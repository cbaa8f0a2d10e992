-- ===== src/GamePersistence/Extract.antt =====
-- The readers of event data of internal/usecase/game_persistence.go.
use pod_backend.Common.{
  ℕ, ◌-◌, ◌^◌, ◌≡◌, none, some, Text, ℤ, pos, negsuc, leb_ℤ, ltb, true, parse_int, format_int,
  parse_int-format_int, text_eq, Outcome, ok, err, if◌then◌else◌, arith,
}
use pod_backend.Common.Dict.{lookup, insert, lookup-insert}
use pod_backend.Database.{Fault, message}
use pod_backend.Entity.GameEvent.{
  Value, int64, float64, int, uint8, uint16, uint32, uint64, text, other, EventData,
}

module _ (to_int64 : ℕ → ℤ) where
  -- The switch of `extractInt64` on the type of the value.
  unfoldable pub int64_of : Value → Outcome Fault ℤ
  int64_of (int64 v) = ok v
  int64_of (float64 v) = ok (to_int64 v)
  int64_of (int v) = ok v
  int64_of (uint8 v) = ok (pos v)
  int64_of (uint16 v) = ok (pos v)
  int64_of (uint32 v) = ok (pos v)
  int64_of (uint64 v) = if ltb (2 ^ 63 - 1) v then err (message "value too large") else ok (pos v)
  int64_of (text v) = elim (parse_int v) [ none ↦ err (message "invalid") | some z ↦ ok z ]
  int64_of other = err (message "invalid type")

  -- `extractInt64`
  unfoldable pub extract_int64 : Text → EventData → Outcome Fault ℤ
  extract_int64 key d = elim (lookup key d) [ none ↦ err (message "missing") | some v ↦ int64_of v ]

  -- `extractOptionalInt64`
  unfoldable pub extract_optional_int64 : Text → ℤ → EventData → Outcome Fault ℤ
  extract_optional_int64 key default d = elim (lookup key d) [
    | none ↦ ok default
    | some v ↦ int64_of v
  ]

string_of : Value → Outcome Fault Text
string_of (text v) = ok v
string_of _ = err (message "invalid type: expected string")

-- `extractString`
unfoldable pub extract_string : Text → EventData → Outcome Fault Text
unfolding string_of
extract_string key d = elim (lookup key d) [ none ↦ err (message "missing") | some v ↦ string_of v ]

-- `extractOptionalString`
unfoldable pub extract_optional_string : Text → Text → EventData → Outcome Fault Text
unfolding string_of
extract_optional_string key default d = elim (lookup key d) [
  | none ↦ ok default
  | some v ↦ string_of v
]

-- A number of 64 bits that is put into the event data as its decimal text, as the message parsers put
-- amounts, is read back unchanged, whatever the data held under the key or another.
pub extract_int64-insert :
    (to_int64 : ℕ → ℤ) (key : Text) (z : ℤ) (d : EventData)
    → leb_ℤ (negsuc (2 ^ 63 - 1)) z ≡ true
    → leb_ℤ z (pos (2 ^ 63 - 1)) ≡ true
    → extract_int64 to_int64 key (insert key (text (format_int z)) d) ≡ ok z
unfolding extract_int64 int64_of
extract_int64-insert to_int64 key z d lo hi =
    ground (arith, lookup-insert key key (text (format_int z)) d, parse_int-format_int z lo hi)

****

What the exercise asks:
Out of the records above, pull the lines that include the word "true".

Task result:
  ℕ, ◌-◌, ◌^◌, ◌≡◌, none, some, Text, ℤ, pos, negsuc, leb_ℤ, ltb, true, parse_int, format_int,
    → leb_ℤ (negsuc (2 ^ 63 - 1)) z ≡ true
    → leb_ℤ z (pos (2 ^ 63 - 1)) ≡ true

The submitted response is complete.